String Theory: How to Understand the Universe with Pythagoras' Music Mathematics

Since we humans have existed, we have been looking at the stars. As we admire them, we wonder how they got there and what lies beyond them.

For a long time, scientists around the world have been trying to find a simple theory that explains how the universe works. . A theory of everything.

Many theses have been tested, but so far none have fully explained what we see in our Universe. There is, however, one particularly attractive idea that some theoretical physicists believe may be correct: string theory.

” Finite string theory. It collapses in on itself. That’s why we believe in it. Other theories collapse, explode, but strings don’t,” said BBC renowned American theoretical physicist Michio Kaku.

Kaku has spent decades dealing with and trying to answer some of the most important questions ever asked.

What happened before the Big Bang? Are there other universes? What’s on the side of creation? Or on the side of one black hole another? Are so-called wormholes possible? And the higher dimensions? Do we live in a multiverse?

“These questions cannot be answered using our current understanding,” he says, referring to our best currently available theories about how the Universe works.

In fact, they sometimes even offer contradictory versions.

Albert Einstein’s general theory of relativity works perfectly well for predictions about the motions of stars and galaxies, but it doesn’t it works when it is applied to the behavior of subatomic particles.
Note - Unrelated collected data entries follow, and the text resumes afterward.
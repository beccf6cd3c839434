-- ===== src/Origin/Parts.antt =====
-- src/transport/origin.rs: how the text of an origin is cut, and put together again.
use sml_mcps.Prelude.{
  ℕ, ◌≡◌, refl, sym, ◌∙◌, ap, Bool, true, false, not, ◌&&◌, ◌||◌, Option, none, some, [], ◌∷◌, ◌++◌,
  arith, ◌==◌, Bool-cases, inl, inr,
}
use sml_mcps.Prelude.Text.{Text, text, strip_prefix, strip_prefix-append}
use sml_mcps.Server.Logging.{to_ascii_lowercase, lower_byte}
use sml_mcps.Http1.Response.{is_alphanumeric, contains, all_bytes, is_empty}
use sml_mcps.Http1.FramingOf.{eq_ignore_ascii_case}
use sml_mcps.Origin.{
  split_once, scheme_byte, is_scheme, is_authority, without_slash, host_and_port, is_port,
  with_host, with_scheme, origin_parts,
}

-- The byte stands nowhere in the text.
abbrev pub IsFree : ℕ → Text → Type 0
IsFree c t = contains t c ≡ false

strip_prefix_differs :
    (c b : ℕ) (p bs : Text) → (b == c) ≡ false → strip_prefix (c ∷ p) (b ∷ bs) ≡ none
unfolding strip_prefix
strip_prefix_differs c b p bs h = ground arith

pub split_once-append :
    (c : ℕ) (p s rest : Text)
    → IsFree c s
    → split_once (c ∷ p) (s ++ ((c ∷ p) ++ rest)) ≡ some (s, rest)
unfolding split_once contains
split_once-append c p [] rest h = ground (arith, strip_prefix-append p rest)
split_once-append c p (b ∷ s) rest h = ground (arith, split_once-append c p s rest)

pub split_once_free : (c : ℕ) (p s : Text) → IsFree c s → split_once (c ∷ p) s ≡ none
unfolding split_once contains strip_prefix
split_once_free c p [] h = refl
split_once_free c p (b ∷ s) h = ground (arith, split_once_free c p s)

scheme_byte_lower : (b : ℕ) → scheme_byte b ≡ true → (lower_byte b == b':') ≡ false
unfolding scheme_byte lower_byte is_alphanumeric
scheme_byte_lower b h = ground arith

lower_scheme-IsFree :
    (s : Text) → all_bytes scheme_byte s ≡ true → IsFree b':' (to_ascii_lowercase s)
unfolding all_bytes to_ascii_lowercase contains
lower_scheme-IsFree [] h = refl
lower_scheme-IsFree (b ∷ bs) h = ground (arith, scheme_byte_lower b, lower_scheme-IsFree bs)

pub is_scheme-IsFree : (s : Text) → is_scheme s ≡ true → IsFree b':' (to_ascii_lowercase s)
unfolding is_scheme
is_scheme-IsFree s h = ground (arith, lower_scheme-IsFree s)

lower_byte_bracket : (b : ℕ) → (lower_byte b == b'[') ≡ (b == b'[')
unfolding lower_byte
lower_byte_bracket b = ground arith

lower_byte_colon : (b : ℕ) → (lower_byte b == b':') ≡ (b == b':')
unfolding lower_byte
lower_byte_colon b = ground arith

pub lower-IsFree_colon : (t : Text) → IsFree b':' t → IsFree b':' (to_ascii_lowercase t)
unfolding to_ascii_lowercase contains
lower-IsFree_colon [] h = refl
lower-IsFree_colon (b ∷ bs) h = ground (arith, lower_byte_colon b, lower-IsFree_colon bs)

pub lower-IsFree_bracket : (t : Text) → IsFree b'[' t → IsFree b'[' (to_ascii_lowercase t)
unfolding to_ascii_lowercase contains
lower-IsFree_bracket [] h = refl
lower-IsFree_bracket (b ∷ bs) h = ground (arith, lower_byte_bracket b, lower-IsFree_bracket bs)

abbrev AreParts : Text → Text → Option Text → Type 0
AreParts scheme host port =
    (is_scheme scheme ≡ true) × (is_empty host ≡ false) × (is_port port ≡ true)

with_host-eq :
    (s : Text) (found : Option (Text × Option Text)) (scheme host : Text) (port : Option Text)
    → is_scheme s ≡ true
    → with_host s found ≡ some (scheme, host, port)
    → AreParts scheme host port
with_host-eq s none scheme host port v h = cc
with_host-eq s (some (g, q)) scheme host port v h =
    elim (Bool-cases (not (is_empty g) && is_port q)) [
      | inl e ↦
          let same : ◌≡◌ {A = Option (Text × Text × Option Text)} (some (s, g, q))
              (some (scheme, host, port)) =
            rw e at h in
          let scheme-eq : s ≡ scheme = cc in
          let host-eq : g ≡ host = cc in
          let port-eq : q ≡ port = cc in
          (
            ap is_scheme (sym scheme-eq) ∙ v,
            ap is_empty (sym host-eq) ∙ not_empty (is_empty g) (is_port q) e,
            ap is_port (sym port-eq) ∙ second_of (is_empty g) (is_port q) e,
          )
      | inr e ↦ absurd (ground (arith, e))
    ]
  where
    not_empty : (a b : Bool) → (not a && b) ≡ true → a ≡ false
    not_empty true b e = cc
    not_empty false b e = refl

    second_of : (a b : Bool) → (not a && b) ≡ true → b ≡ true
    second_of true b e = cc
    second_of false b e = e

with_scheme-eq :
    (cut : Option (Text × Text)) (scheme host : Text) (port : Option Text)
    → with_scheme cut ≡ some (scheme, host, port)
    → AreParts scheme host port
with_scheme-eq none scheme host port h = cc
with_scheme-eq (some (s, rest)) scheme host port h =
    elim (Bool-cases (is_scheme s && is_authority (without_slash rest))) [
      | inl e ↦
          with_host-eq s (host_and_port (without_slash rest)) scheme host port
            (first_of (is_scheme s) (is_authority (without_slash rest)) e) (rw e at h)
      | inr e ↦ absurd (ground (arith, e))
    ]
  where
    first_of : (a b : Bool) → (a && b) ≡ true → a ≡ true
    first_of true b e = refl
    first_of false b e = cc

-- What the parts of an origin satisfy.
pub origin_parts-eq :
    (t scheme host : Text) (port : Option Text)
    → origin_parts t ≡ some (scheme, host, port)
    → (is_scheme scheme ≡ true) × (is_empty host ≡ false) × (is_port port ≡ true)
unfolding origin_parts
origin_parts-eq t scheme host port h =
    elim (Bool-cases (is_empty t || eq_ignore_ascii_case t (text "null"))) [
      | inl e ↦ absurd (ground (arith, e))
      | inr e ↦ with_scheme-eq (split_once (text "://") t) scheme host port (rw e at h)
    ]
Already the quantum theory is ingenious with atoms, but it predicts that the entire Universe should collapse into a black hole which clearly doesn’t happen because we are still here.

Will we then find a unique theory that can explain everything?

Pythagoras

“2.000 years ago, Pitgoras asked himself the same question. The great Greek mathematician thought that there should be a unifying principle, a paradigm to summarize the vast creation we see in our network. or in the Universe as we know it,” explains Michio Kaku.

“He looked around and saw a lyre. When you pull the strings on a lyre, you get a note. If you play another one, you get another note and he said: ‘Aha! The mathematics of music is rich enough to explain the diversity of everything we see around us.”

Only recently, explains Kaku, it has occurred to scientists to formulate a new theory based on the Pythagorean idea of ​​music. words, string theory.

So, how do we get from the musical reflections of Pitgoras to physics?

First, look at the work done on a precise particle accelerator, like the Large Hydron Collider at CERN European research center, where tiny particles break into pieces in high-energy collisions and are then studied in detail.

These experiments are the best way for scientists test theories about how the Universe works.

And what does string theory predict about these elements studied in the particle accelerator?

Kaku explains.

“Now we believe that all these hundreds of subatomic particles that we get by breaking protons in the Large Hydron Collider are not nothing but musical notes, as Pitgoras imagined.”

And what does string theory predict?

According to Kaku, many scientists now believe that the hundreds of particles Subatomics that we get by breaking protons in the Large Hydron Collider “are nothing but musical notes”, as Pitgoras believed.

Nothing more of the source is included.